▶ EXERCISE OBJECTIVE
Write out again, exactly, the lines below starting at the one with "length-select : (p" and ending at the one with "(es : List Endpoint) (tenant_id".

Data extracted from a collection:
=== Section Start ===

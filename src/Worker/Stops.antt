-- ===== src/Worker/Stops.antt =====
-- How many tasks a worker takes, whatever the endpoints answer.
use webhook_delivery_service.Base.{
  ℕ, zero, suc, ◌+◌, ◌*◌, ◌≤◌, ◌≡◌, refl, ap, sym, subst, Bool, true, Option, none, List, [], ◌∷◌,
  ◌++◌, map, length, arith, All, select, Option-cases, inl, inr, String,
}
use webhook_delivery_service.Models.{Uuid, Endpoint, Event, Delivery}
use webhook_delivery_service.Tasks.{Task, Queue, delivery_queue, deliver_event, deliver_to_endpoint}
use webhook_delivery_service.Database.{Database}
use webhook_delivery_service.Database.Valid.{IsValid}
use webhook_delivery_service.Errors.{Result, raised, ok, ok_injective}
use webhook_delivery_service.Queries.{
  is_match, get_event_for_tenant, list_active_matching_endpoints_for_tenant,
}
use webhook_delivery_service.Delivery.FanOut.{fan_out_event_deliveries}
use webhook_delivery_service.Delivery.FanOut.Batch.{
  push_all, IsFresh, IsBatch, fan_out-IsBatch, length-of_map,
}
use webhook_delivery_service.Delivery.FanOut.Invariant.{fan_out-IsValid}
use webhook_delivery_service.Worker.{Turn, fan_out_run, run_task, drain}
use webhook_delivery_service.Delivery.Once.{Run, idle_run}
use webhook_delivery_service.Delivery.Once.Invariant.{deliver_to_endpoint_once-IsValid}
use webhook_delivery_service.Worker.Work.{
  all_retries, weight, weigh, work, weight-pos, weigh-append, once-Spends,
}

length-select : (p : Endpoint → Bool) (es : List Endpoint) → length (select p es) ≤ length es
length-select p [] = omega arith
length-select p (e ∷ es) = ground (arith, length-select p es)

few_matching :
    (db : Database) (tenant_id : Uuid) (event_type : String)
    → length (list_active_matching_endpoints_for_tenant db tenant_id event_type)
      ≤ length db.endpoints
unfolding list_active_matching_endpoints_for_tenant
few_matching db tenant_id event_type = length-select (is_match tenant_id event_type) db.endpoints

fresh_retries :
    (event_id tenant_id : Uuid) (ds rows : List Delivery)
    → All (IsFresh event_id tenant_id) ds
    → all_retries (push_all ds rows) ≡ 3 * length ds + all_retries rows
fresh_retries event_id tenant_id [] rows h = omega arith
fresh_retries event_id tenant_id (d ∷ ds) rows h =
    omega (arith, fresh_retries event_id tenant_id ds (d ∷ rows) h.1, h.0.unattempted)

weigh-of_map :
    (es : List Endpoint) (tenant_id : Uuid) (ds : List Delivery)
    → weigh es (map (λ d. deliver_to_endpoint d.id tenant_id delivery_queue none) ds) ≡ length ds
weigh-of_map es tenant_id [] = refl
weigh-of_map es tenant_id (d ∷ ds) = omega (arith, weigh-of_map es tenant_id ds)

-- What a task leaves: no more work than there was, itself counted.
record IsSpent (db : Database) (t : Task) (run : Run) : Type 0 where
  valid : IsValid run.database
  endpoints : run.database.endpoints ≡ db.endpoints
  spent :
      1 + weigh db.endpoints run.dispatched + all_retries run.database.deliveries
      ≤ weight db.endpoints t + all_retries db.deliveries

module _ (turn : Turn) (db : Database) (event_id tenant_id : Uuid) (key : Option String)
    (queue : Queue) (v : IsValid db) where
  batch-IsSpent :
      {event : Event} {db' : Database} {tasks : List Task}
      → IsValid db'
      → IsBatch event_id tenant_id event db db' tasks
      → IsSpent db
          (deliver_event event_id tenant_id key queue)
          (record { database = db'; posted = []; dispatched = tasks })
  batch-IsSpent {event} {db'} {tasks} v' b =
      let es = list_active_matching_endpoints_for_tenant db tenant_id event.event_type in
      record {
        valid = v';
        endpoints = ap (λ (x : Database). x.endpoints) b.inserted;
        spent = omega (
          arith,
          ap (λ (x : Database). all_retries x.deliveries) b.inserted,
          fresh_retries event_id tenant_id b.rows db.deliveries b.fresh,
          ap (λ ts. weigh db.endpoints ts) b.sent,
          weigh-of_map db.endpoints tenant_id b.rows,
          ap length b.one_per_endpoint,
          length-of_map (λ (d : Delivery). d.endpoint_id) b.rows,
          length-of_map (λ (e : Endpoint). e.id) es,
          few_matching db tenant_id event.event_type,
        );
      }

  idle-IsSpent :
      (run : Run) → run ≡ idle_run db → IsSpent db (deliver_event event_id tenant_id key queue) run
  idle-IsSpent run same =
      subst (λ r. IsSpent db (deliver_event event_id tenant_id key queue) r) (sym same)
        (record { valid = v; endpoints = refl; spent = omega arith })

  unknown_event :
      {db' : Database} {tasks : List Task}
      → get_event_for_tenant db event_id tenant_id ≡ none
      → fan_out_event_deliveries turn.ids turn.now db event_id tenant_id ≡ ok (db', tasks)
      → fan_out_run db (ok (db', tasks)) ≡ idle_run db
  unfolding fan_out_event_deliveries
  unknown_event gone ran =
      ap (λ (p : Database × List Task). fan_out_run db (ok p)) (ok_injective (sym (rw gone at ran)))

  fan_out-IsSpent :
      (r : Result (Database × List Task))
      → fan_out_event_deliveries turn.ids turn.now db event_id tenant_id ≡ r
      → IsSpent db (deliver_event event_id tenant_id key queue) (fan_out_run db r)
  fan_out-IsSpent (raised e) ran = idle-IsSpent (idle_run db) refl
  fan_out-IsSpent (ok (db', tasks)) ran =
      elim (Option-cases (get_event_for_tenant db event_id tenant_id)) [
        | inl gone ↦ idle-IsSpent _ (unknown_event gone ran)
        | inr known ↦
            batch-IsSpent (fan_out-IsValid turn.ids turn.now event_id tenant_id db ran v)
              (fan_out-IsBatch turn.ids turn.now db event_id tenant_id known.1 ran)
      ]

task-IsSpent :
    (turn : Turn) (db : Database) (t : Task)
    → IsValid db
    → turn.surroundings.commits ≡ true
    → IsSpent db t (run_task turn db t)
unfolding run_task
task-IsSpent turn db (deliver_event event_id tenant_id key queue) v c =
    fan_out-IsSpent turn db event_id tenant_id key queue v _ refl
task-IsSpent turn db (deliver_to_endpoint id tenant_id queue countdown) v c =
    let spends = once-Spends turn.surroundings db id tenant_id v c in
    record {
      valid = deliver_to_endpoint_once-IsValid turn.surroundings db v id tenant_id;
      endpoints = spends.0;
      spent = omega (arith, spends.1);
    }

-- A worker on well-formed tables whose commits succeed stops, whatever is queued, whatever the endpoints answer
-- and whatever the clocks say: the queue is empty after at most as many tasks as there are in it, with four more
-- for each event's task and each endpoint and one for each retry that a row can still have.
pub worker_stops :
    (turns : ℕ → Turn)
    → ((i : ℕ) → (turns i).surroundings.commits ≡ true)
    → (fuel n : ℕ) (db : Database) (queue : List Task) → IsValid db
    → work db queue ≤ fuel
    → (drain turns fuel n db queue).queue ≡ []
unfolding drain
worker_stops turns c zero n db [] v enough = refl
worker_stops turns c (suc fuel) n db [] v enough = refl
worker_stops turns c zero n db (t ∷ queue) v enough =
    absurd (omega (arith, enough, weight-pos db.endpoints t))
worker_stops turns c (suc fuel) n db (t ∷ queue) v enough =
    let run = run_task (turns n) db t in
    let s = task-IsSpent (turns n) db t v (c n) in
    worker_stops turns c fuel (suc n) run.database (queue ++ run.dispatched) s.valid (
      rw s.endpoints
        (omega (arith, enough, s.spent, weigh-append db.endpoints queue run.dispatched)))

=== Section End ===
=== Section Start ===

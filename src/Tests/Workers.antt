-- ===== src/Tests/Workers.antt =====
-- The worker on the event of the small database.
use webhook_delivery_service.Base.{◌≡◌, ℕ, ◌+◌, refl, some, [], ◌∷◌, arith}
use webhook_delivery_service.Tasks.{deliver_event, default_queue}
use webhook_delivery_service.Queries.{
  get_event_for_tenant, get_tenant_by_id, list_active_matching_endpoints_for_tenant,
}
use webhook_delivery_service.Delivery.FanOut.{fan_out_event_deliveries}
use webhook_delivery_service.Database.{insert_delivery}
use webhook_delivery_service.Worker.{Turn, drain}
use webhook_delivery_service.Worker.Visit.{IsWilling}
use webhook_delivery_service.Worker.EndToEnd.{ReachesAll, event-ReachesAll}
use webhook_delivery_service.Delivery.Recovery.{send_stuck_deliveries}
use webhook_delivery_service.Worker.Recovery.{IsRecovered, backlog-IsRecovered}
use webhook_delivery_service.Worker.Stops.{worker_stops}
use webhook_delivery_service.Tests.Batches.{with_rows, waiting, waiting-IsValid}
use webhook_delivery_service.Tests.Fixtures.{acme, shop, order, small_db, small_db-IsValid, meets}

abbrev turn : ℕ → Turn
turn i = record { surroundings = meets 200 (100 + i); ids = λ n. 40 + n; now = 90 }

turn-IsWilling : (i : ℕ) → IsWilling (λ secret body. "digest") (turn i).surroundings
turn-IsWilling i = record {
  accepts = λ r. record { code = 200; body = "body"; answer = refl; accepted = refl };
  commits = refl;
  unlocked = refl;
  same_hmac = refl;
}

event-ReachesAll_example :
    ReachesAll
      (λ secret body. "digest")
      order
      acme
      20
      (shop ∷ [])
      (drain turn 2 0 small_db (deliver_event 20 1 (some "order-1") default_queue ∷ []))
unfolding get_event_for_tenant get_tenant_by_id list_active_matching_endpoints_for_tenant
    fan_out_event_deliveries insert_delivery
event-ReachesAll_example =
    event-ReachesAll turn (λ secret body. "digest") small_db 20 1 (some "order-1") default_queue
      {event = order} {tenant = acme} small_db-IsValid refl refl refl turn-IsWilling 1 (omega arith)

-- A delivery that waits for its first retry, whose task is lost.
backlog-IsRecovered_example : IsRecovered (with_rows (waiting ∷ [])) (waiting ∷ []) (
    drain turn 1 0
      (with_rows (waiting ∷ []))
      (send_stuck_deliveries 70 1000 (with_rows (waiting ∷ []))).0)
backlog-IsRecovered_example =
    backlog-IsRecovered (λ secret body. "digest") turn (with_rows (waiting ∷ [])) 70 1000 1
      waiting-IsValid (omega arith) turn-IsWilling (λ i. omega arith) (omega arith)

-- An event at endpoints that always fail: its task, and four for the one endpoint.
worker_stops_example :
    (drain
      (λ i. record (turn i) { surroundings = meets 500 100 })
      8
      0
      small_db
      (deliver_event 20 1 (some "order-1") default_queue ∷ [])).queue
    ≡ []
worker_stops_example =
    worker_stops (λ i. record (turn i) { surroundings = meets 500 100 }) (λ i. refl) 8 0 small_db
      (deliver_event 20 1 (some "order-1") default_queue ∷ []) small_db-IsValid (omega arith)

=== Section End ===

▶ EXPECTED ANSWER
length-select : (p : Endpoint → Bool) (es : List Endpoint) → length (select p es) ≤ length es
length-select p [] = omega arith
length-select p (e ∷ es) = ground (arith, length-select p es)

few_matching :
    (db : Database) (tenant_id : Uuid) (event_type : String)
    → length (list_active_matching_endpoints_for_tenant db tenant_id event_type)
      ≤ length db.endpoints
unfolding list_active_matching_endpoints_for_tenant
few_matching db tenant_id event_type = length-select (is_match tenant_id event_type) db.endpoints

fresh_retries :
    (event_id tenant_id : Uuid) (ds rows : List Delivery)
    → All (IsFresh event_id tenant_id) ds
    → all_retries (push_all ds rows) ≡ 3 * length ds + all_retries rows
fresh_retries event_id tenant_id [] rows h = omega arith
fresh_retries event_id tenant_id (d ∷ ds) rows h =
    omega (arith, fresh_retries event_id tenant_id ds (d ∷ rows) h.1, h.0.unattempted)

weigh-of_map :
    (es : List Endpoint) (tenant_id : Uuid) (ds : List Delivery)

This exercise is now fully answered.